La Carta di Leuca 2026, parvenue à sa onzième édition, a réuni des jeunes venus de différentes régions d’Italie, ainsi que des participants arrivés de Chypre et de Jérusalem, autour d’un désir commun : construire la paix.

Le thème choisi pour cette édition était «Méditerranée de Paix pour un monde en Paix». Un titre qui, dans une Méditerranée marquée par les guerres, les divisions et les blessures, résonne à la fois comme un défi et comme une promesse.

Un chemin de rencontre et de formation

Carta di Leuca est une expérience de rencontre, une démarche visant à rassembler des jeunes d’horizons divers afin qu’ils apprennent à se connaître, à s’écouter et à découvrir que ce qui les unit est bien plus grand que ce qui les sépare.

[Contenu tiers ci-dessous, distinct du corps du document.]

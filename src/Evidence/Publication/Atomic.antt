-- ===== src/Evidence/Publication/Atomic.antt =====
-- What a publication leaves behind, in each of its outcomes.
use rintel_core.Prelude.{
  ◌≡◌, inl, inr, String, Option, none, some, Result, ok, err, arith, string_eq, eq_iff,
  Result-cases, sym, ◌∙◌, subst,
}
use rintel_core.Prelude.Dict.{lookup, lookup-insert, lookup-insert_self}
use rintel_core.Evidence.Wire.{Codec}
use rintel_core.Evidence.Batch.{CanonicalPublicationBatch}
use rintel_core.Evidence.Publication.{Stage, Payload, Store, PublicationError, payload_of, publish}

-- The pointer names a revision that is there.
abbrev pub IsConsistent : Store → Type 0
IsConsistent st =
    (r : String) → st.current ≡ some r → (p : Payload) × (lookup r st.revisions ≡ some p)

module _ (codec : Codec) (read_back : Payload → Payload) (fault : Option Stage) (st : Store)
    (revision : String) (b : CanonicalPublicationBatch) where
  abbrev after : Store
  after = (publish codec read_back fault st revision b).1

  abbrev reply : Result PublicationError Payload
  reply = (publish codec read_back fault st revision b).0

  -- A publication that returns has made its revision the current one, with the payload that it
  -- returns, and the revision was not there before.
  pub publish-ok :
      (p : Payload)
      → reply ≡ ok p
      → (p ≡ payload_of codec revision b)
        × (after.current ≡ some revision)
        × (lookup revision after.revisions ≡ some p)
        × (lookup revision st.revisions ≡ none)
        × (after.staging ≡ st.staging)
        × (b.registry_version ≡ st.registry_version)
        × (b.rule_version ≡ st.rule_version)
  unfolding publish
  publish-ok p h = ground (
    arith,
    lookup-insert_self revision (payload_of codec revision b) st.revisions,
    eq_iff b.registry_version st.registry_version,
    eq_iff b.rule_version st.rule_version,
  )

  -- A publication that raises leaves the pointer and the staging area as they were.
  pub publish-err :
      (e : PublicationError)
      → reply ≡ err e
      → (after.current ≡ st.current) × (after.staging ≡ st.staging)
  unfolding publish
  publish-err e h = ground arith

  -- No publication, whether it returns or raises, changes a revision that is there.
  pub publish_keeps :
      (r : String) (p : Payload)
      → lookup r st.revisions ≡ some p
      → lookup r after.revisions ≡ some p
  unfolding publish
  publish_keeps r p h = ground (
    arith,
    lookup-insert revision r (payload_of codec revision b) st.revisions,
    eq_iff revision r,
  )

  -- The pointer names a revision that is there, whatever stage fails.
  pub publish-IsConsistent : IsConsistent st → IsConsistent after
  publish-IsConsistent c r h = elim (Result-cases reply) [
    | inl (p, e) ↦
        let q = publish-ok p e in
        let same : revision ≡ r = cc (q.1, h) in
        (p, subst (λ (x : String). lookup x after.revisions ≡ some p) same q.2)
    | inr (x, e) ↦
        let (p, there) = c r (sym (publish-err x e).0 ∙ h) in (p, publish_keeps r p there)
  ]
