-- ===== src/Evidence/Publication/Orphans.antt =====
-- A publication whose pointer cannot be written, and the receipts that a published revision gives.
use rintel_core.Prelude.{
  ℕ, suc, ◌≡◌, ◌≢◌, ◌⊎◌, inl, inr, refl, ap, All, sym, ◌∙◌, String, false, Option, none, some, List,
  [], ◌∷◌, map, ok, err, arith, ◌==◌, string_eq, eq_iff, if◌then◌else◌, Bool-cases, ◌||◌,
}
use rintel_core.Prelude.Dict.{lookup, lookup-insert_self}
use rintel_core.Evidence.Wire.{Codec}
use rintel_core.Evidence.Batch.{SupportReceipt, CanonicalPublicationBatch}
use rintel_core.Evidence.Publication.{
  Stage, write_pointer, move_pointer, Payload, PublishedReceipt, Store, os_error, has_slash,
  payload_of, publish, publish_receipts, matching, support_receipts,
}
use rintel_core.Evidence.Publication.Atomic.{publish-ok}

-- What a caller has to bring for a publication.
pub record MayPublish (codec : Codec) (read_back : Payload → Payload) (st : Store)
    (revision : String) (b : CanonicalPublicationBatch) : Type 0 where
  pub not_empty : revision ≢ ""
  pub no_slash : has_slash revision ≡ false
  pub not_here : revision ≢ "."
  pub not_above : revision ≢ ".."
  pub same_registry : b.registry_version ≡ st.registry_version
  pub same_rule : b.rule_version ≡ st.rule_version
  pub not_published : lookup revision st.revisions ≡ none
  pub reads_back : (read_back (payload_of codec revision b)).revision ≡ revision

module _ (codec : Codec) (read_back : Payload → Payload) (st : Store) (revision : String)
    (b : CanonicalPublicationBatch) (may : MayPublish codec read_back st revision b) where
  -- A publication that the caller may make and no stage of which fails returns.
  pub publish_complete :
      (publish codec read_back none st revision b).0 ≡ ok (payload_of codec revision b)
  unfolding publish
  publish_complete = ground (
    arith,
    eq_iff revision "",
    eq_iff revision ".",
    eq_iff revision "..",
    eq_iff b.registry_version st.registry_version,
    eq_iff b.rule_version st.rule_version,
    eq_iff (read_back (payload_of codec revision b)).revision revision,
    may.not_empty,
    may.no_slash,
    may.not_here,
    may.not_above,
    may.same_registry,
    may.same_rule,
    may.not_published,
    may.reads_back,
  )

  -- what stands in the store behind a publication in which the stage `s` fails
  abbrev pub behind : Stage → Store
  behind s = (publish codec read_back (some s) st revision b).1

  orphan :
      (s : Stage)
      → (s ≡ write_pointer) ⊎ (s ≡ move_pointer)
      → ((publish codec read_back (some s) st revision b).0 ≡ err (os_error s))
        × (lookup revision (behind s).revisions ≡ some (payload_of codec revision b))
        × ((behind s).current ≡ st.current)
  unfolding publish
  orphan s h = ground (
    arith,
    eq_iff revision "",
    eq_iff revision ".",
    eq_iff revision "..",
    eq_iff b.registry_version st.registry_version,
    eq_iff b.rule_version st.rule_version,
    eq_iff (read_back (payload_of codec revision b)).revision revision,
    lookup-insert_self revision (payload_of codec revision b) st.revisions,
    may.not_empty,
    may.no_slash,
    may.not_here,
    may.not_above,
    may.same_registry,
    may.same_rule,
    may.not_published,
    may.reads_back,
  )

  -- Where the pointer cannot be written, the publication raises, and yet its revision stands in the
  -- store while the old one is current; and no later publication of that revision returns.
  pub pointer_failure_orphans :
      (s : Stage)
      → (s ≡ write_pointer) ⊎ (s ≡ move_pointer)
      → ((publish codec read_back (some s) st revision b).0 ≡ err (os_error s))
        × (lookup revision (behind s).revisions ≡ some (payload_of codec revision b))
        × ((behind s).current ≡ st.current)
        × ((fault : Option Stage) (later : CanonicalPublicationBatch) (p : Payload)
            → (publish codec read_back fault (behind s) revision later).0 ≢ ok p)
  pointer_failure_orphans s h =
      let (raised, there, old) = orphan s h in
      (
        raised,
        there,
        old,
        λ fault later p e.
            none-ne-some
              (sym (publish-ok codec read_back fault (behind s) revision later p e).3 ∙ there),
      )
    where
      none-ne-some : ◌≡◌ {A = Option Payload} none (some (payload_of codec revision b)) → ⊥
      none-ne-some q = cc

-- the receipts of a fact among those of a batch
abbrev pub receipts_of : String → List SupportReceipt → List SupportReceipt
receipts_of k [] = []
receipts_of k (r ∷ rs) =
    let rest = receipts_of k rs in if r.canonical_fact_identity == k then r ∷ rest else rest

module _ (codec : Codec) where
  matching-publish_receipts :
      (revision k : String) (n : ℕ) (rs : List SupportReceipt)
      → map
          (λ (r : PublishedReceipt). r.receipt)
          (matching k (publish_receipts codec revision n rs))
        ≡ receipts_of k rs
  unfolding publish_receipts
  matching-publish_receipts revision k n [] = refl
  matching-publish_receipts revision k n (r ∷ rs) =
      elim (Bool-cases (r.canonical_fact_identity == k)) [
        | inl q ↦ rw q (ap (λ l. r ∷ l) (matching-publish_receipts revision k (suc n) rs))
        | inr q ↦ rw q (matching-publish_receipts revision k (suc n) rs)
      ]

  publish_receipts-revision :
      (revision k : String) (n : ℕ) (rs : List SupportReceipt)
      → All
          (λ (r : PublishedReceipt). r.canonical_revision ≡ revision)
          (matching k (publish_receipts codec revision n rs))
  unfolding publish_receipts
  publish_receipts-revision revision k n [] = tt
  publish_receipts-revision revision k n (r ∷ rs) =
      elim (Bool-cases (r.canonical_fact_identity == k)) [
        | inl q ↦ rw q (refl, publish_receipts-revision revision k (suc n) rs)
        | inr q ↦ rw q (publish_receipts-revision revision k (suc n) rs)
      ]

  module _ (read_back : Payload → Payload) (fault : Option Stage) (st : Store) (revision k : String)
      (b : CanonicalPublicationBatch) (p : Payload)
      (h : (publish codec read_back fault st revision b).0 ≡ ok p) where
    abbrev after : Store
    after = (publish codec read_back fault st revision b).1

    published_name :
        (revision == "" || revision == "." || revision == ".." || has_slash revision) ≡ false
    unfolding publish
    published_name = ground (arith, h)

    found_receipts :
        support_receipts after revision k ≡ ok (matching k p.canonical_support_receipts)
    unfolding support_receipts
    found_receipts =
        ground (arith, published_name, (publish-ok codec read_back fault st revision b p h).2)

    -- The receipts of a fact that a publication has stored are those of its batch, in their order,
    -- each bound to the revision.
    pub support_receipts-publish :
        (rs : List PublishedReceipt) × (support_receipts after revision k ≡ ok rs)
        × (map (λ (r : PublishedReceipt). r.receipt) rs ≡ receipts_of k b.support_receipts)
        × All (λ (r : PublishedReceipt). r.canonical_revision ≡ revision) rs
    unfolding payload_of
    support_receipts-publish =
        let same = (publish-ok codec read_back fault st revision b p h).0 in
        (
          matching k p.canonical_support_receipts,
          found_receipts,
          rw same (matching-publish_receipts revision k 0 b.support_receipts),
          rw same (publish_receipts-revision revision k 0 b.support_receipts),
        )
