-- ===== src/Roles/Tests.antt =====
-- A supervisor whose key is derived by joining salt and passphrase.
use phantasm.Base.{
  ◌≡◌, refl, true, false, Option, none, some, [], ◌∷◌, ◌++◌, Bytes, length, take, drop, take-append,
  drop-append, codes, ◌*◌, ◌&&◌, bytes_eq,
}
use phantasm.Base.Dict.{lookup}
use phantasm.Base.Except.{Result, ok, err}
use phantasm.Storage.{Error, json_decode_error}
use phantasm.Platform.Sample.{simple}
use phantasm.LocalState.{Files, Secrets}
use phantasm.LocalState.RoundTrip.{files}
use phantasm.Roles.{Codec, Payload, entry, supervisor_entry, hash, configure_supervisor, clear}
use phantasm.Roles.Signing.{role_store, timely, grant_signed}
use phantasm.Approval.{DualApprovalGate, grant, second}

abbrev or_empty : Option Bytes → Bytes
or_empty none = []
or_empty (some b) = b

abbrev write_entry : Payload → Bytes
unfolding lookup
write_entry (supervisor_entry d) =
    let salt = or_empty (lookup "salt" d) in length salt ∷ (salt ++ or_empty (lookup "hash" d))
write_entry _ = []

abbrev read_entry : Bytes → Result Error Payload
read_entry [] = err json_decode_error
read_entry (k ∷ rest) = ok (entry (take k rest) (drop k rest))

read_entry-write_entry :
    (salt hash : Bytes) → read_entry (write_entry (entry salt hash)) ≡ ok (entry salt hash)
unfolding lookup
read_entry-write_entry salt hash = rw (take-append salt hash, drop-append salt hash) refl

abbrev joining : Codec
joining = record {
  pbkdf2_hmac = λ name passphrase salt rounds size. salt ++ passphrase;
  utf8 = codes;
  hex = λ b. b;
  fromhex = some;
  fromhex-hex = λ b. refl;
  dumps = write_entry;
  loads = read_entry;
  loads-dumps = read_entry-write_entry;
}

abbrev secrets : Secrets
secrets = record { sha256 = λ b. take 32 b; state_secret = [] }

abbrev pending : DualApprovalGate
pending = record {
  pending =
      (
        "initialize_container",
        record {
          action_id = "initialize_container";
          nonce = "07";
          created_at = 5 * second;
          ttl_seconds = 300;
        },
      )
      ∷ [];
  grants = [];
}

grant_signed_example :
    ((grant 1 2 3 "07" "sesame"
        (role_store simple secrets joining
          (configure_supervisor simple secrets joining true "sesame" (files none none 0)).1)
        pending).0.ok
      ≡ (timely simple secrets joining 2 "07" pending
          && bytes_eq
              (hash simple secrets joining "sesame" (simple.rng.urandom 0 32))
              (hash simple secrets joining "sesame" (simple.rng.urandom 0 32))))
    × ((s : Files)
        → (grant 1 2 3 "07" "sesame"
            (role_store simple secrets joining (clear simple secrets joining true true s).1)
            pending).0.ok
          ≡ false)
grant_signed_example =
    grant_signed simple secrets joining "sesame" "sesame" "07" 1 2 3 pending none none 0 refl
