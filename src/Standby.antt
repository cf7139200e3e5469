-- ===== src/Standby.antt =====
-- standby_state.py: the state machine that takes the sensitive screens away. The lock makes each
-- method one step; two writes under it are two changes of the state.
mod Trace
mod History
mod Tests
use phantasm.Base.{ℕ, Bool, ◌||◌}
use phantasm.Base.Except.{Method, gets, require, modify, ◌>>=◌, ◌>>◌}

pub data StandbyState : Type 0 where
  active : StandbyState
  standby : StandbyState
  sealed : StandbyState
  dummy_disclosure : StandbyState

pub data InvalidTransitionError : Type 0 where
  invalid_transition : StandbyState → InvalidTransitionError

abbrev code : StandbyState → ℕ
code active = 0
code standby = 1
code sealed = 2
code dummy_disclosure = 3

abbrev pub same_state : StandbyState → StandbyState → Bool
same_state s t = phantasm.Base.◌==◌ (code s) (code t)

pub record StandbyStateMachine : Type 0 where
  pub state : StandbyState

unfoldable pub initial : StandbyStateMachine
initial = record { state = active }

abbrev pub Standby : Type 0 → Type 0
Standby A = Method StandbyStateMachine InvalidTransitionError A

-- `if self._state != s: raise InvalidTransitionError`
abbrev must_be : StandbyState → Standby (Unit {0})
must_be s = gets (λ (m : StandbyStateMachine). m.state) >>= λ t.
    require (same_state t s) (invalid_transition t)

abbrev set_state : StandbyState → Standby (Unit {0})
set_state s = modify (λ m. record m { state = s })

unfoldable pub trigger_standby : Standby (Unit {0})
trigger_standby = must_be active >> set_state standby >> set_state sealed

unfoldable pub recover : Standby (Unit {0})
recover = must_be sealed >> set_state active

unfoldable pub enter_dummy_disclosure : Standby (Unit {0})
enter_dummy_disclosure = must_be sealed >> set_state dummy_disclosure

unfoldable pub seal_dummy : Standby (Unit {0})
seal_dummy = must_be dummy_disclosure >> set_state sealed

unfoldable pub is_active : StandbyStateMachine → Bool
is_active m = same_state m.state active

unfoldable pub is_sealed : StandbyStateMachine → Bool
is_sealed m = same_state m.state sealed

unfoldable pub is_in_standby_or_sealed : StandbyStateMachine → Bool
is_in_standby_or_sealed m = same_state m.state standby || same_state m.state sealed

unfoldable pub is_dummy_disclosure : StandbyStateMachine → Bool
is_dummy_disclosure m = same_state m.state dummy_disclosure
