-- ===== src/Standby/Trace.antt =====
-- What calls of the machine's methods do to its state, one after the other.
use phantasm.Base.{arith, Bool, true, false, ◌||◌, List, [], ◌∷◌, ◌≡◌, refl}
use phantasm.Standby.{
  StandbyState, active, standby, sealed, dummy_disclosure, same_state, StandbyStateMachine, Standby,
  trigger_standby, recover, enter_dummy_disclosure, seal_dummy, is_active,
}

pub data Call : Type 0 where
  trigger : Call
  recovery : Call
  dummy : Call
  seal : Call

abbrev pub call : Call → Standby (Unit {0})
call trigger = trigger_standby
call recovery = recover
call dummy = enter_dummy_disclosure
call seal = seal_dummy

-- The calls in turn; the caller of one that raises goes on with the next.
abbrev pub run : List Call → StandbyStateMachine → StandbyStateMachine
run [] m = m
run (c ∷ cs) m = run cs (call c m).1

abbrev pub at : StandbyState → StandbyStateMachine
at s = record { state = s }

abbrev pub is_recovery : Call → Bool
is_recovery trigger = false
is_recovery recovery = true
is_recovery dummy = false
is_recovery seal = false

abbrev pub has_recovery : List Call → Bool
has_recovery [] = false
has_recovery (c ∷ cs) = is_recovery c || has_recovery cs

call-not_standby :
    (c : Call) (s : StandbyState)
    → same_state s standby ≡ false
    → same_state (call c (at s)).1.state standby ≡ false
unfolding trigger_standby recover enter_dummy_disclosure seal_dummy
call-not_standby trigger active = λ e. refl
call-not_standby trigger standby = λ e. e
call-not_standby trigger sealed = λ e. refl
call-not_standby trigger dummy_disclosure = λ e. refl
call-not_standby recovery active = λ e. refl
call-not_standby recovery standby = λ e. e
call-not_standby recovery sealed = λ e. refl
call-not_standby recovery dummy_disclosure = λ e. refl
call-not_standby dummy active = λ e. refl
call-not_standby dummy standby = λ e. e
call-not_standby dummy sealed = λ e. refl
call-not_standby dummy dummy_disclosure = λ e. refl
call-not_standby seal active = λ e. refl
call-not_standby seal standby = λ e. e
call-not_standby seal sealed = λ e. refl
call-not_standby seal dummy_disclosure = λ e. refl

-- The state `standby` is passed through and never left behind: after any calls on a machine that is
-- not in it, whether they return or raise, the machine is not in it.
pub run-not_standby :
    (cs : List Call) (m : StandbyStateMachine)
    → same_state m.state standby ≡ false
    → same_state (run cs m).state standby ≡ false
run-not_standby [] m ne = ne
run-not_standby (c ∷ cs) m ne = run-not_standby cs (call c m).1 (call-not_standby c m.state ne)

call-not_active :
    (c : Call) (s : StandbyState)
    → is_active (at s) ≡ false
    → is_recovery c ≡ false
    → is_active (call c (at s)).1 ≡ false
unfolding trigger_standby recover enter_dummy_disclosure seal_dummy is_active
call-not_active trigger active = λ e r. refl
call-not_active trigger standby = λ e r. refl
call-not_active trigger sealed = λ e r. refl
call-not_active trigger dummy_disclosure = λ e r. refl
call-not_active recovery active = λ e r. e
call-not_active recovery standby = λ e r. refl
call-not_active recovery sealed = λ e r. r
call-not_active recovery dummy_disclosure = λ e r. refl
call-not_active dummy active = λ e r. e
call-not_active dummy standby = λ e r. refl
call-not_active dummy sealed = λ e r. refl
call-not_active dummy dummy_disclosure = λ e r. refl
call-not_active seal active = λ e r. e
call-not_active seal standby = λ e r. refl
call-not_active seal sealed = λ e r. refl
call-not_active seal dummy_disclosure = λ e r. refl

-- Once the sensitive screens are away, nothing but a recovery brings them back: from a state that
-- is not `active`, calls among which no `recover` is leave the machine not active.
pub run-not_active :
    (cs : List Call) (m : StandbyStateMachine)
    → is_active m ≡ false
    → has_recovery cs ≡ false
    → is_active (run cs m) ≡ false
run-not_active [] m away none_recovers = away
run-not_active (c ∷ cs) m away none_recovers =
    ground (arith, call-not_active c m.state, run-not_active cs (call c m).1)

Les jeunes ont vécu des moments d’échange et de formation, réfléchissant aux blessures relationnelles, aux différences, à l’accueil et à la nécessité de préserver la mémoire pour bâtir un avenir différent. Ce parcours a été pensé comme un chemin où la rencontre de l’autre n’était pas un élément secondaire, mais le cœur même de l’expérience.

Le témoignage de Jérusalem et la rencontre avec Pizzaballa

La présence des jeunes de Jérusalem et de Chypre a conféré à cette rencontre une intensité toute particulière. Jérusalem n’était pas seulement un lieu mentionné dans les discours ; elle s’est incarnée à Leuca à travers les visages et les récits de ceux qui y vivent, apportant les espoirs et les blessures d’une terre où le mot paix revêt un caractère d’urgence absolue.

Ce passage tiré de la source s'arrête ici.